Items from a data source =>

###

-- ===== src/Tests/Holds.antt =====
-- Seat holds and the idempotency keys of payments, on a server in memory.
use ticket_genius.Prelude.{
  ℕ, ◌≡◌, ◌≢◌, refl, Bool, true, false, Option, none, some, List, [], ◌∷◌, arith,
}
use ticket_genius.Prelude.Text.{Text, codes, text_eq}
use ticket_genius.Prelude.Dict.{Dict, lookup, insert}
use ticket_genius.Domain.Values.{Uuid}
use ticket_genius.Redis.Memory.{memory}
use ticket_genius.SeatHolds.{
  hold_key, confirm_key, acquire_seat_holds, release_seat_holds, acquire_loop, release_loop,
  check_payment_idempotency,
}
use ticket_genius.SeatHolds.Acquire.{Outcome, all_free, acquire_all_or_nothing, acquire_iff_free}
use ticket_genius.SeatHolds.Release.{release_acquired, release_keeps_others}

abbrev plan : Uuid
plan = codes "p"

abbrev ann : Uuid
ann = codes "a"

abbrev bob : Uuid
bob = codes "b"

abbrev front : Text
front = codes "A-1-1"

abbrev back : Text
back = codes "A-1-2"

-- Ann holds the seat in front.
abbrev held : Dict Text
held = (hold_key plan front, ann) ∷ []

acquire_taken :
    acquire_seat_holds memory plan (back ∷ front ∷ []) bob (some held) ≡ (false, some held)
unfolding acquire_seat_holds acquire_loop hold_key text_eq lookup insert
    ticket_genius.SeatHolds.delete_holds ticket_genius.Prelude.Dict.erase
acquire_taken = refl

acquire_all_or_nothing_example :
    let (won, after) = acquire_seat_holds memory plan (back ∷ front ∷ []) bob (some held) in
    (s : Dict Text) × (after ≡ some s) × Outcome memory plan bob held (back ∷ front ∷ []) (won, s)
acquire_all_or_nothing_example = acquire_all_or_nothing memory plan bob held (back ∷ front ∷ [])

acquire_iff_free_example :
    (acquire_seat_holds memory plan (back ∷ front ∷ []) bob (some held)).0
    ≡ all_free memory plan held [] (back ∷ front ∷ [])
acquire_iff_free_example = acquire_iff_free memory plan bob (back ∷ front ∷ []) held

release_acquired_example :
    (u : Dict Text) × (release_seat_holds memory plan (front ∷ []) ann (some held) ≡ some u)
    × ((k : Text) → lookup k u ≡ lookup k [])
unfolding acquire_seat_holds acquire_loop hold_key text_eq lookup insert
release_acquired_example = release_acquired memory plan ann (front ∷ []) [] held refl

release_keeps_others_example :
    (t : Dict Text) × (release_seat_holds memory plan (front ∷ back ∷ []) bob (some held) ≡ some t)
    × (lookup (hold_key plan front) t ≡ some ann)
unfolding hold_key text_eq lookup
release_keeps_others_example =
    release_keeps_others memory plan bob ann (front ∷ back ∷ []) held (hold_key plan front)
      (ground arith) refl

###

ASSIGNED TASK =>
Across the records above, show each line containing the word "codes".

WRITTEN RESPONSE =>
use ticket_genius.Prelude.Text.{Text, codes, text_eq}
plan = codes "p"
ann = codes "a"
bob = codes "b"
front = codes "A-1-1"
back = codes "A-1-2"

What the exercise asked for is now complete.